During the last two decades, a number of articles and reviews dedicated to the properties and behaviour of the iodide/triiodide RC have been published;^2,41–45 in this review we will mainly focus on alternative RCs.

3.2 Bromide/tribromide, inter- and pseudohalogen systems

The bromide/tribromide RC has attracted increasing attention during the last years; first of all due to its more positive redox potential (about 1.1 V vs.NHE) in comparison to the I⁻/I₃⁻ RC (about 0.35 V vs.NHE).⁴¹ Thus, Wang et al. investigated four different dyes (three organic and N719) in combination with either I⁻/I₃⁻ or Br⁻/Br₃⁻ as redox systems.⁴⁶ The authors found that the Br⁻/Br₃⁻ RC is much more suitable than I⁻/I₃⁻ in terms of photovoltage when using eosin Y as the sensitizing dye (see Fig. 1).

Fig. 1 Chemical structure of the eosine Y dye.

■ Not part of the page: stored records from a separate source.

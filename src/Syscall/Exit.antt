-- ===== src/Syscall/Exit.antt =====
-- The call by which a task ends.
use metal_to_app.Base.{ℕ, ◌+◌, ◌≤◌, ◌<◌, ◌≡◌, ◌≢◌, refl, false, some}
use metal_to_app.Console.{Screen, println}
use metal_to_app.Console.Output.{IsMessage, IsApart, screen, shown, println_lem}
use metal_to_app.Scheduler.Task.{null, can_execute}
use metal_to_app.Scheduler.Select.{Kernel}
use metal_to_app.Scheduler.Switch.{Cpu, suspend}
use metal_to_app.Scheduler.Yield.{running}
use metal_to_app.Scheduler.Suspend.{suspend_blocks}
use metal_to_app.Syscall.Calls.{
  Texts, System, switched, say, call, after_switch, syscall_entry, load_syscall_table, zero_table,
}

say-found :
    (fuel message : ℕ) (s : System) (after : Screen)
    → println fuel message s.screen ≡ some after
    → say fuel message s ≡ some (record s { screen = after })
unfolding say
say-found fuel message s after e = rw (e, say) refl

exit-found :
    (texts : Texts) (fuel buffer : ℕ) (s s' : System) (k : Kernel) (cpu : Cpu)
    → say fuel texts.exit s ≡ some s'
    → suspend s'.kernel s'.cpu null ≡ some (k, cpu)
    → syscall_entry texts fuel (load_syscall_table zero_table) 1 buffer s
      ≡ some (switched 0 (record s' { kernel = k; cpu = cpu }))
unfolding syscall_entry call load_syscall_table after_switch
exit-found texts fuel buffer s s' k cpu e f =
    rw (syscall_entry, call, load_syscall_table, e, after_switch, f) refl

-- With a zero-terminated text of n bytes in the mapped windows for the exit message that the
-- written part of the screen does not overlap, room for n characters from the cursor to the end
-- of the screen and fuel above n, the call 1 of a running task other than the idle task switches
-- to another task; the caller is then marked as not executable, and each of the 4000 bytes of
-- the screen shows the message or what it held before. The task structs and the tables of the
-- scheduler are values beside memory, and do not lie on the screen.
pub syscall-exit :
    (texts : Texts) (fuel n a buffer : ℕ) (text : ℕ → ℕ) (s : System)
    → n < fuel
    → s.screen.current_offset + n ≤ 2000
    → IsMessage text n texts.exit a s.screen.mem
    → IsApart a s.screen.current_offset n
    → running s.kernel ≢ s.kernel.idle_loop_task
    → (s' : System) × (syscall_entry texts fuel (load_syscall_table zero_table) 1 buffer s
        ≡ some (switched 0 s'))
      × (can_execute (s'.kernel.tasks (running s.kernel)) ≡ false)
      × (running s'.kernel ≢ running s.kernel)
      × ((q : ℕ)
          → screen ≤ q
          → q < screen + 4000
          → s'.screen.mem q ≡ shown text s.screen.current_offset 0 n s.screen.mem q)
syscall-exit texts fuel n a buffer text s lt o t apart ne =
    let (on_screen, found, same, _, _, _, _) =
      println_lem fuel n texts.exit a text s.screen lt o t apart in
    let (k, cpu, e, blocked, _, other) = suspend_blocks s.kernel s.cpu null ne in
    (
      record { kernel = k; cpu = cpu; screen = on_screen },
      exit-found texts fuel buffer s (record s { screen = on_screen }) k cpu
          (say-found fuel texts.exit s on_screen found) e,
      blocked,
      other,
      λ q lo hi. same q,
    )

According to current/potential (I/V) data obtained at full sunlight illumination, the Br⁻/Br₃⁻ system shows a much higher photovoltage and overall efficiency (0.4 M LiBr + 0.04 M Br₂ electrolyte: I_sc = 4.63 mA cm⁻², V_oc = 813 mV, FF = 0.693, η = 2.61%; 0.4 M LiI + 0.04 M I₂ electrolyte: I_sc = 5.15 mA cm⁻², V_oc = 451 mV, FF = 0.721, η = 1.67%).

In 2009, Teng and co-authors showed that a photovoltage above 1 V may be obtained by using a Br⁻/Br₃⁻ RC in combination with organic dyes (Fig. 2).⁴⁷

Fig. 2 Chemical structures of the TC301 and TC306 dyes.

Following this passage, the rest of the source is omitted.